Authors: Yanbo Huang, Wei Ma, Daniel Fisher

Real time monitoring of herbicide spray droplet drift is important for crop production management and environmental protection. Existing spray droplet drift detection methods, such as water-sensitive paper and tracers of fluorescence and Rubidium chloride, are time-consuming and laborious, and the accuracies are not high in general. Also, the tracer methods indirectly quantify the spray deposition from the concentration of the tracer and may change the drift characteristics of the sprayed herbicides. In this study, a new optical sensor system was developed to directly detect the spray droplets without the need to add any tracer in the spray liquid. The system was prototyped using a single broadband programmable LED light source and a near infrared sensor containing 6 broadband spectral detectors at 610, 680, 730, 760, 810, and 860 nm to build a detection system for monitoring and analysis of herbicide spray droplet drift.

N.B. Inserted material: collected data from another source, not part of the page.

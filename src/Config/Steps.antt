-- ===== src/Config/Steps.antt =====
-- The steps of a configuration that succeed.
use recordlane.Base.{
  suc, String, ◌≡◌, refl, true, false, some, List, [], ◌∷◌, ◌++◌, ◌==◌, str_eq, str_eq_iff,
}
use recordlane.Http.{ok}
use recordlane.Policy.{CompiledPolicy}
use recordlane.Review.{approve, find_first}
use recordlane.Config.{ConfigurationVersion, Simulation, ConfigurationTask, Settings, Compiler}
use recordlane.Config.Snapshot.{Snapshot}
use recordlane.Config.Drafts.{configuration_policies, add_audit}
use recordlane.Config.Active.{activate_config-configs}
use recordlane.Review.Draft.{is_task_open}
use recordlane.Config.Impact.{simulate_all}
use recordlane.Config.Approval.{
  activate, simulate, propose_config, decide_config, approve_config, activate_config, snapshot_hash,
  is_config_draft, is_simulation_of, new_simulation, new_proposal, supersede_open, finish_proposal,
}
use recordlane.Config.Installed.{configuration_policies-have_domains, install-ok}

module _ {D F : Type 0} (compiler : Compiler D F) (definition_hash : CompiledPolicy F → String)
    (hash : Snapshot → String) (by : String) where
  -- The tables when a draft is made, simulated and proposed.
  abbrev pub simulated : ConfigurationVersion D → Settings D F → Settings D F
  simulated c s = record s {
    store = record s.store { next = suc s.store.next };
    simulations = s.simulations ++ new_simulation compiler definition_hash hash by c s ∷ [];
  }

  -- A configuration that is found among the rows is simulated.
  pub simulate-ok :
      (s : Settings D F) (c : ConfigurationVersion D) (policies : List (String × CompiledPolicy F))
      → find_first (λ d. d.id == c.id) s.configs ≡ some c
      → configuration_policies compiler s.store.domains c.document ≡ some policies
      → simulate_all compiler.library s.store policies ≡ ok tt
      → simulate compiler definition_hash hash by c.id s
        ≡ ok (simulated c s, new_simulation compiler definition_hash hash by c s)
  unfolding simulate
  simulate-ok s c policies found compiled there = rw (simulate, found, compiled, there) refl

  abbrev pub proposed : ConfigurationVersion D → Simulation → Settings D F → Settings D F
  proposed c x s = record s {
    store =
        add_audit compiler "configuration.proposed" s.store.next
          (record s.store { next = suc s.store.next });
    proposals =
        supersede_open s.proposals ++ new_proposal compiler definition_hash hash by c x s ∷ [];
  }

  -- A draft with a simulation of the rows as they are is proposed.
  pub propose_config-ok :
      (s : Settings D F) (c : ConfigurationVersion D) (x : Simulation)
      → find_first (is_config_draft c.id) s.configs ≡ some c
      → find_first (is_simulation_of x.id c.id) s.simulations ≡ some x
      → snapshot_hash compiler definition_hash hash by s.store ≡ x.snapshot_hash
      → propose_config compiler definition_hash hash by c.id x.id s
        ≡ ok (proposed c x s, new_proposal compiler definition_hash hash by c x s)
  unfolding propose_config
  propose_config-ok s c x found run same =
      let current =
        (str_eq_iff (snapshot_hash compiler definition_hash hash by s.store) _).1 same in
      rw (propose_config, found, run, current) refl

  -- A configuration whose document has policies is activated.
  activate_config-ok :
      (s : Settings D F) (c : ConfigurationVersion D) (policies : List (String × CompiledPolicy F))
      → configuration_policies compiler s.store.domains c.document ≡ some policies
      → (t : Settings D F) × (activate_config compiler definition_hash hash by c s ≡ ok t)
  unfolding activate_config
  activate_config-ok s c policies compiled =
      let there =
        configuration_policies-have_domains compiler definition_hash hash by s.store.domains
          c.document policies compiled in
      let (t, done, _) =
        install-ok compiler definition_hash hash by c.id policies
          (record s { configs = activate c.id s.configs }) there in
      (
        record t { store = add_audit compiler "configuration.activated" c.id t.store },
        rw (activate_config, compiled, done) refl,
      )

  -- An open proposal of another principal is approved.
  pub decide_config-ok :
      (s : Settings D F) (task : ConfigurationTask) (c : ConfigurationVersion D) (x : Simulation)
      (reason : String) (policies : List (String × CompiledPolicy F))
      → find_first (λ u. u.id == task.id) s.proposals ≡ some task
      → is_task_open task.status ≡ true
      → str_eq task.proposed_by by ≡ false
      → find_first (is_config_draft task.config_id) s.configs ≡ some c
      → find_first (is_simulation_of task.simulation_id task.config_id) s.simulations ≡ some x
      → c.checksum ≡ task.checksum
      → snapshot_hash compiler definition_hash hash by s.store ≡ x.snapshot_hash
      → configuration_policies compiler s.store.domains c.document ≡ some policies
      → (t : Settings D F) × (decide_config compiler definition_hash hash by task.id approve reason
            s
          ≡ (t, ok tt))
        × (t.configs ≡ activate c.id s.configs)
  unfolding decide_config approve_config
  decide_config-ok s task c x reason policies found live another draft run same_checksum same
        compiled =
      let checksum = (str_eq_iff c.checksum task.checksum).1 same_checksum in
      let current =
        (str_eq_iff (snapshot_hash compiler definition_hash hash by s.store) _).1 same in
      let (t, done) = activate_config-ok s c policies compiled in
      (
        finish_proposal compiler definition_hash hash by task.id approve reason t,
        rw
            (
              decide_config, approve_config, found, live, another, draft, run, checksum, current,
              done,
            )
            refl,
        activate_config-configs compiler definition_hash hash by c s t done,
      )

A rotatory structure driven by a stepper motor in the system was created to shift the droplet capture line going under the optical sensor to measure and collect the spectral signals that reflect spray drift droplets along the line. The system prototype was tested for detection of small (Very Fine and Fine), medium (Medium), and large (Coarse) droplets within the droplet classifications of the American Society of Agricultural and Biological Engineers. Laboratory testing results indicated that the system could detect the droplets of different sizes and determine the droplet positions on the droplet capture line with 100% accuracy at the wavelength of 610 nm selected from the 6 bands to detect the droplets.


Journal: Advances in Internet of Things
DOI: 10.4236/ait.2021.111001(PDF)
Paper Id: 106647 (metadata)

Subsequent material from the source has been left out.